Understanding exposure, and the new photography manual.


----------



## bdavis (Jan 19, 2009)

fightin14 said:


> "digital photography" by scott kelby



I second that, vols 1 and 2 are good for beginners.

I also recommend

[ame=http://www.amazon.com/Photographers-Eye-Composition-Design-Digital/dp/0240809343/ref=cm_cr_pr_product_top]Amazon.com: The Photographer's Eye: Composition and Design for Better Digital Photos: Michael Freeman: Books[/ame]
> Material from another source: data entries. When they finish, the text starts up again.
-- ===== src/SpinPool/Tests.antt =====
-- Runs of system-programming/threadpool/spinlock-version at small inputs, and the theorems at such
-- inputs.
use c_language_learnning.Base.{
  ℕ, ◌≤◌, ◌<◌, ◌≡◌, ◌≢◌, refl, none, some, true, false, List, [], ◌∷◌, ◌++◌, arith,
}
use c_language_learnning.SpinPool.TaskQueue.{Queue, create, next_of, store, add_task, pop_task}
use c_language_learnning.SpinPool.TaskQueue.Shape.{Holds}
use c_language_learnning.SpinPool.TaskQueue.Fifo.{Op, post, take, run, fifo, run-fifo}
use c_language_learnning.SpinPool.Spinlock
use c_language_learnning.SpinPool.Spinlock.Exclusion.{mutual_exclusion}
use c_language_learnning.SpinPool.Pool
use c_language_learnning.SpinPool.Pool.Balance.{taken_by, takes}
use c_language_learnning.SpinPool.Pool.Handled.{takes_of, runs_of, in_hand, handled_in_order}
use c_language_learnning.SpinPool.Pool.Shutdown.{Stopped, rank, winds_down}
use c_language_learnning.SpinPool.Pool.Wakeup.{lost_wakeup}

abbrev no_tasks : Queue
no_tasks = create (λ p. 0)

no_tasks-Holds : Holds no_tasks []
no_tasks-Holds = record { links = refl; tail = refl }

abbrev one_task : Queue
one_task = record { head = 7; tail = next_of 7; next = λ p. 0 }

one_task-Holds : Holds one_task (7 ∷ [])
one_task-Holds = record { links = (refl, omega arith, refl, refl); tail = refl }

abbrev calls : List Op
calls = post 7 ∷ post 9 ∷ take ∷ take ∷ take ∷ []

fifo_runs : fifo [] calls ≡ some 7 ∷ some 9 ∷ none ∷ []
unfolding fifo
fifo_runs = refl

run-fifo_example : run no_tasks calls ≡ fifo [] calls
run-fifo_example =
    run-fifo calls no_tasks [] no_tasks-Holds (omega arith, refl, (omega arith, refl, tt))

-- Thread 0 takes the lock; thread 1 finds it taken.
abbrev taken_lock : Spinlock.State
taken_lock = record {
  lock = 1;
  pc = Spinlock.update (Spinlock.update Spinlock.init.pc 0 Spinlock.exchange) 0 Spinlock.critical;
}

taken_lock-Reach : Spinlock.Reach taken_lock
taken_lock-Reach =
    Spinlock.next (Spinlock.next Spinlock.start (Spinlock.step 0 Spinlock.enter))
      (Spinlock.step 0 (Spinlock.take refl))

mutual_exclusion_example : ◌≡◌ {A = ℕ} 0 0
mutual_exclusion_example = mutual_exclusion taken_lock-Reach 0 0 refl refl

-- `thread_pool_terminate` runs to its end before any worker starts.
abbrev ended : Pool.State
ended = record {
  flags = record {
    block = false;
    quit = true;
    posting = 0;
    signals = 0;
    stopping = 0;
    broadcasts = 0;
  };
  tasks = Pool.init.tasks;
  pc = λ i. Pool.top;
}

ended-Reach : Pool.Reach ended
ended-Reach =
    Pool.next
      (Pool.next (Pool.next Pool.start (Pool.client Pool.terminate)) (Pool.client Pool.nonblock))
      (Pool.broadcast (omega arith))

ended-Stopped : Stopped ended.flags
ended-Stopped = record { asked = refl; stored = refl; told = refl }

winds_down_example :
    (ended.pc 3 ≢ Pool.asleep)
    × (rank (ended.pc 3) ≤ 3)
    × (ended.pc 3 ≢ Pool.exited
        → (m : Queue) × (p : Pool.Pc) × Pool.Move ended.flags ended.tasks (ended.pc 3) m p)
    × ((m : Queue) (p : Pool.Pc)
        → Pool.Move ended.flags ended.tasks (ended.pc 3) m p
        → rank p < rank (ended.pc 3))
winds_down_example = winds_down ended-Reach ended-Stopped 3

lost_wakeup_example :
    (s : Pool.State) × Pool.Reach s
    × Holds s.tasks (5 ∷ [])
    × (s.flags ≡ Pool.init.flags)
    × ((i : ℕ) → i < 2 → s.pc i ≡ Pool.asleep)
lost_wakeup_example = lost_wakeup 2 5 (omega arith)

-- Tasks 5 and 6 are posted, and worker 1 takes the first of them.
abbrev two_tasks : Queue
two_tasks = add_task 6 (add_task 5 Pool.init.tasks)

abbrev left_task : Queue
left_task = record { head = 6; tail = next_of 6; next = two_tasks.next }

first_taken : pop_task two_tasks ≡ (some 5, left_task)
unfolding add_task pop_task store
first_taken = refl

abbrev working : Pool.State
working = record {
  flags = record {
    block = true;
    quit = false;
    posting = 0;
    signals = 2;
    stopping = 0;
    broadcasts = 0;
  };
  tasks = left_task;
  pc = Pool.update (Pool.update Pool.init.pc 1 Pool.popping) 1 (Pool.running 5);
}

abbrev working-Reach : Pool.Reach working
working-Reach =
    Pool.next
      (Pool.next
        (Pool.next
          (Pool.next
            (Pool.next (Pool.next Pool.start (Pool.client Pool.admit)) (Pool.client Pool.admit))
            (Pool.client (Pool.post_task 5 (omega arith))))
          (Pool.client (Pool.post_task 6 (omega arith))))
        (Pool.worker 1 (Pool.enter refl)))
      (Pool.worker 1 (Pool.pop_some first_taken))

takes_runs : takes working-Reach ≡ 5 ∷ []
unfolding takes taken_by
takes_runs = refl

handled_in_order_example :
    takes_of 1 working-Reach ≡ runs_of 1 working-Reach ++ in_hand (Pool.State.pc working 1)
handled_in_order_example = handled_in_order 1 working-Reach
I just ordered it and heard it's a great book for Composition.


----------



## bdavis (Jan 19, 2009)

dochall22 said:


> Well, I'd still classify myself as a novice, even though I did sale cameras at one point I didn't mess with SLRs hardly at all, I know some of the terminology but not enough to really know whats going on.  I under stand the concepts, as in - the longer the shutter is open the more light that comes in and such, but I need to learn more about the filters and WB and the other aspects, so -  Is there any good books you'd recomend?
> 
> 
> The rebel and d40 were just coming out when I was in the retail camera business, but I didnt mess with them.  Is there any huge factors that set one above the other?




There isn't much of a difference. The D60 is an upgraded D40 if I believe. D60 is 10.2 megapixel, the D40 is 6.1

You should read the specs from Nikonusa.com they can tell you indepth specs on both. I would recommend the D60, you can find one on Amazon with the 18-55mm kit lens for $520...not a bad deal at all. Hope this helps a little.


----------



## Garbz (Jan 20, 2009)

Options? You don't need options. The most basic DSLR has all the options you would need to completely master a book like "Understanding Exposure". Even my 30 year old SLR has those options.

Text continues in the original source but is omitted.